Which lines in the records below contain the word "target"? Return each of them.

───── Extracted material ─────

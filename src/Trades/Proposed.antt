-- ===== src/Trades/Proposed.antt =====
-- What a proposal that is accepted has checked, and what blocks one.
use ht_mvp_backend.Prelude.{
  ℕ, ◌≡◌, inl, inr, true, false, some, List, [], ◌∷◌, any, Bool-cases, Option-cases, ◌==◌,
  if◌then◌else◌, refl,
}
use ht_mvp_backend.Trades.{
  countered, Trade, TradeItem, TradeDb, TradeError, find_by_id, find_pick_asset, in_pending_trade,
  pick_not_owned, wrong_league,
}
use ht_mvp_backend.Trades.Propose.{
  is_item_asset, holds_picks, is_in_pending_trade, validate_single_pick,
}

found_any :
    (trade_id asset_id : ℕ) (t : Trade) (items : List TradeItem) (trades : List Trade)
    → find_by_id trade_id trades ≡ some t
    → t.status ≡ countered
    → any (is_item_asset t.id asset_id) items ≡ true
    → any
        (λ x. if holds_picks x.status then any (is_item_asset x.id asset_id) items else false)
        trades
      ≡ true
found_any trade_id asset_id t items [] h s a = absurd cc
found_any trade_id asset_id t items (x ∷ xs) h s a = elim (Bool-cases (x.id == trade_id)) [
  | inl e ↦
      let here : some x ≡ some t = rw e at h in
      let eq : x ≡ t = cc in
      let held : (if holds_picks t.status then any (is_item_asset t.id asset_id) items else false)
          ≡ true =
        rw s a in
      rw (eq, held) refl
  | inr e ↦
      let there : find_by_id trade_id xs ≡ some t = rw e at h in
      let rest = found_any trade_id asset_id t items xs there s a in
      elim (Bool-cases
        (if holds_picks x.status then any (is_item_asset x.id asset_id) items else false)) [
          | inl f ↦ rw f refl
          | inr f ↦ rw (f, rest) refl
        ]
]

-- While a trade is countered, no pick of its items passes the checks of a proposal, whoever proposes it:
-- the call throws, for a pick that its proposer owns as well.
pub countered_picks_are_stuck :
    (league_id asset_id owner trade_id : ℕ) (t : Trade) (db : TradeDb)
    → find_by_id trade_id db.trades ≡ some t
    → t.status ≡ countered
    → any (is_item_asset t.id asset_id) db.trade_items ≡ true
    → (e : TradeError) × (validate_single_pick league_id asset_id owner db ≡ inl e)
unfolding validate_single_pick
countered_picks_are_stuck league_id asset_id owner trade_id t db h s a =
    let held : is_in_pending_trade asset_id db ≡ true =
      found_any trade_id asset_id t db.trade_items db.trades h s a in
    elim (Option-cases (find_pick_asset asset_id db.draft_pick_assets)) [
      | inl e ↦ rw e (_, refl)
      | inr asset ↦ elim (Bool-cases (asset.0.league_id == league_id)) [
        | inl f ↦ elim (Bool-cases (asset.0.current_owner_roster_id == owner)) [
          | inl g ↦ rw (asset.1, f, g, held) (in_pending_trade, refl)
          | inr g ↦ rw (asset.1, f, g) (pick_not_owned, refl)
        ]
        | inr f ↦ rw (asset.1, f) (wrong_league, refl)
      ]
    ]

─────
───── Extracted material ─────

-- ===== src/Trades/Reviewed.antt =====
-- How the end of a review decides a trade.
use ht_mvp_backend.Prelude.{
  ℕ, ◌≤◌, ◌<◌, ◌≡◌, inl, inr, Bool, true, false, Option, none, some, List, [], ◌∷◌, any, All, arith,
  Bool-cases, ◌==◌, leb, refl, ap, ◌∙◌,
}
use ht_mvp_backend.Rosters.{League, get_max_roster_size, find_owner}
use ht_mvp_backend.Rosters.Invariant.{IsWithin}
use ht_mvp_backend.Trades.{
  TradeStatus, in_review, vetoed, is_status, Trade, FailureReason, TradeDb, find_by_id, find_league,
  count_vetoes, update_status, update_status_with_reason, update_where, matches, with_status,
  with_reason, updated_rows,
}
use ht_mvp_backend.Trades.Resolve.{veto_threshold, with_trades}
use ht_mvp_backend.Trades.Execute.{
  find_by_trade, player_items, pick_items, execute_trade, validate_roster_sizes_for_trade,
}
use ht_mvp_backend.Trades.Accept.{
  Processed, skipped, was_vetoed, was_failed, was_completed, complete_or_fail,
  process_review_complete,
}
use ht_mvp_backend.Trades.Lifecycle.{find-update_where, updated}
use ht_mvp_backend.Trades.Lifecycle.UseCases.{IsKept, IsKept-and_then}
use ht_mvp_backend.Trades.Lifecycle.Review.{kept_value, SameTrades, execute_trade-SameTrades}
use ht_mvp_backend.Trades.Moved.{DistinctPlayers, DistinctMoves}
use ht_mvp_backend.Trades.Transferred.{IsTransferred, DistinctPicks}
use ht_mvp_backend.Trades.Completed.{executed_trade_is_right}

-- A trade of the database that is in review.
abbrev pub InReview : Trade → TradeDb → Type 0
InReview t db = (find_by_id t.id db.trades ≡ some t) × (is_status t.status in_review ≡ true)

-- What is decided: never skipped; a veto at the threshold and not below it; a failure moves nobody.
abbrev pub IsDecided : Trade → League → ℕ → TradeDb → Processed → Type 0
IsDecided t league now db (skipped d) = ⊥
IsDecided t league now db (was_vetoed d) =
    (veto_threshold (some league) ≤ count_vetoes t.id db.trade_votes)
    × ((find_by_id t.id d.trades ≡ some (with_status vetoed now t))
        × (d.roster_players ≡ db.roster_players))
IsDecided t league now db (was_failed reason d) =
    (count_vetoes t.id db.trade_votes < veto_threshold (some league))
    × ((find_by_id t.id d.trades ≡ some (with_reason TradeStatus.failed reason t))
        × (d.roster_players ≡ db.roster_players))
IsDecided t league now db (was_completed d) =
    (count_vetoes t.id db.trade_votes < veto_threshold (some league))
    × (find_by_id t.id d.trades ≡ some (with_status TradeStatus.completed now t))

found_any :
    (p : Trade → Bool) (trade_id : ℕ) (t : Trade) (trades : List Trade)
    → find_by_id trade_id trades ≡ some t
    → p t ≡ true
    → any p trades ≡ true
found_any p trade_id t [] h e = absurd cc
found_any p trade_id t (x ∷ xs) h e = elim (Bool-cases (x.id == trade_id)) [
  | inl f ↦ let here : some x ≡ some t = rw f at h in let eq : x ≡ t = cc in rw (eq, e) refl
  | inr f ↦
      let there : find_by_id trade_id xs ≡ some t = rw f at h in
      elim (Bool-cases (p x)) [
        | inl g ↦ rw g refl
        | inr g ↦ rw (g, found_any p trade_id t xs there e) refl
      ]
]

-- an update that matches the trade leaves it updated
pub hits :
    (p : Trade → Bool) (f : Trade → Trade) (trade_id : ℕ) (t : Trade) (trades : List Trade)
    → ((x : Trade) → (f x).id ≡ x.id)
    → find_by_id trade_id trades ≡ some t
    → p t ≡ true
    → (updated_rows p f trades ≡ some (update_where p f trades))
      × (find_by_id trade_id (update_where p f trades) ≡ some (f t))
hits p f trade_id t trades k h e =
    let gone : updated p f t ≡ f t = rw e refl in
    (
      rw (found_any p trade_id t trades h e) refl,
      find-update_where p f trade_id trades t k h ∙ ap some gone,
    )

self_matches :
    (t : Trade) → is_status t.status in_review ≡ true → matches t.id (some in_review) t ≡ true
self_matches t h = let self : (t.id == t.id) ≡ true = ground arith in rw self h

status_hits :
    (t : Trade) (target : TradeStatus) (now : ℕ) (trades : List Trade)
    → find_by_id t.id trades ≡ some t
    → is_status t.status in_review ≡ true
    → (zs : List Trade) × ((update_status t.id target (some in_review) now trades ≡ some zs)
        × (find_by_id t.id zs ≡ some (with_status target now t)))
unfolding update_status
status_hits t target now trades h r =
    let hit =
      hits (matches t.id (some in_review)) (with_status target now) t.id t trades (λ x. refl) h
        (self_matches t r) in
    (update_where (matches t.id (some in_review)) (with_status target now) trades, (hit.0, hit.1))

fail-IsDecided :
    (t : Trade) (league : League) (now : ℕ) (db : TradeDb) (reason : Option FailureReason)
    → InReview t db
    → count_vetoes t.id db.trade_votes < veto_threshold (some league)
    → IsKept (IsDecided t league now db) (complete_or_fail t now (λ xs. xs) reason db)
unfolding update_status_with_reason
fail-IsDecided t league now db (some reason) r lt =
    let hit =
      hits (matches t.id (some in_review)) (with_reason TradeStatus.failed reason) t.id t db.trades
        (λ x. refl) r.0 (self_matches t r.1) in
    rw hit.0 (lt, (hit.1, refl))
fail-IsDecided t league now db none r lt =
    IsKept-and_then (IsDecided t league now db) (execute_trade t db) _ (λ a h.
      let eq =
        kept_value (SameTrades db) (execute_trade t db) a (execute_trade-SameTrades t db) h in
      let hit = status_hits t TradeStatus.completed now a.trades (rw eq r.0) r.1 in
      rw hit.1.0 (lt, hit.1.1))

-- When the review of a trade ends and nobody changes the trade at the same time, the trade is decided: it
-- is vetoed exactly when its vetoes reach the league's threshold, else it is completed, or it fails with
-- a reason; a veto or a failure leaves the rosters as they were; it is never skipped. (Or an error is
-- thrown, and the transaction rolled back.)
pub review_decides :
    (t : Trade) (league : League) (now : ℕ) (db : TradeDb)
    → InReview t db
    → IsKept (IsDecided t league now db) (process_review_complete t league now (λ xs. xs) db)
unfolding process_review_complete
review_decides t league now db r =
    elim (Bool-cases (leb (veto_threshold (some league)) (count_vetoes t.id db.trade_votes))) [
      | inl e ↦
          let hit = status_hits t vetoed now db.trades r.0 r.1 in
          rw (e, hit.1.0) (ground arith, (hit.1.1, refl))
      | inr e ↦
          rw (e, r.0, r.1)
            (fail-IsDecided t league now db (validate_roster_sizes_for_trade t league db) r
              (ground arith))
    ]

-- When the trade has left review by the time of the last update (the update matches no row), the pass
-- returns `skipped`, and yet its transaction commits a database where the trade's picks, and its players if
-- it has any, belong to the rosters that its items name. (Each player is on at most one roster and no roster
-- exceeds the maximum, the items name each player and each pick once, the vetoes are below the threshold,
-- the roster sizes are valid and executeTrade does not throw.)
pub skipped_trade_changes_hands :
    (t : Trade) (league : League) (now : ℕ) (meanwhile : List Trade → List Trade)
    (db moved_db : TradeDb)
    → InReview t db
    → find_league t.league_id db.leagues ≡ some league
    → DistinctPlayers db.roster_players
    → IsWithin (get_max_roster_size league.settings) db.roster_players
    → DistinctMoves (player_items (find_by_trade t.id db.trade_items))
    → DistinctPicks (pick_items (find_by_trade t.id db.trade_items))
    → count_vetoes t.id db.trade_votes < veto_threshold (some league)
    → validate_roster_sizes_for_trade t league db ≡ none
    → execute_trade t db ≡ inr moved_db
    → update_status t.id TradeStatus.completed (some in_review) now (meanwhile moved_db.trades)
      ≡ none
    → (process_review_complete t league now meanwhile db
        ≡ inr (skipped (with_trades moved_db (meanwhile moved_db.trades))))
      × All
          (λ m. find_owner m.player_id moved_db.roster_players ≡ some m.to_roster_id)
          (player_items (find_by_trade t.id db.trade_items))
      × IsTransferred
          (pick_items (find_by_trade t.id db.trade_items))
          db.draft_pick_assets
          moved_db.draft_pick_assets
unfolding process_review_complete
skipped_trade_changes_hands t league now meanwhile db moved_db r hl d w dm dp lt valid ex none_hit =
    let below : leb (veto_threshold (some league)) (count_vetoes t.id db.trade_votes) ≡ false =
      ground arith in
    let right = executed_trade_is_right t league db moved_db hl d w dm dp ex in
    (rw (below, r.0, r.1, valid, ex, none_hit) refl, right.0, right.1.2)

─────

• [Exercise solution]:
    (t : Trade) (target : TradeStatus) (now : ℕ) (trades : List Trade)
    → (zs : List Trade) × ((update_status t.id target (some in_review) now trades ≡ some zs)
        × (find_by_id t.id zs ≡ some (with_status target now t)))
status_hits t target now trades h r =
      hits (matches t.id (some in_review)) (with_status target now) t.id t trades (λ x. refl) h
    (update_where (matches t.id (some in_review)) (with_status target now) trades, (hit.0, hit.1))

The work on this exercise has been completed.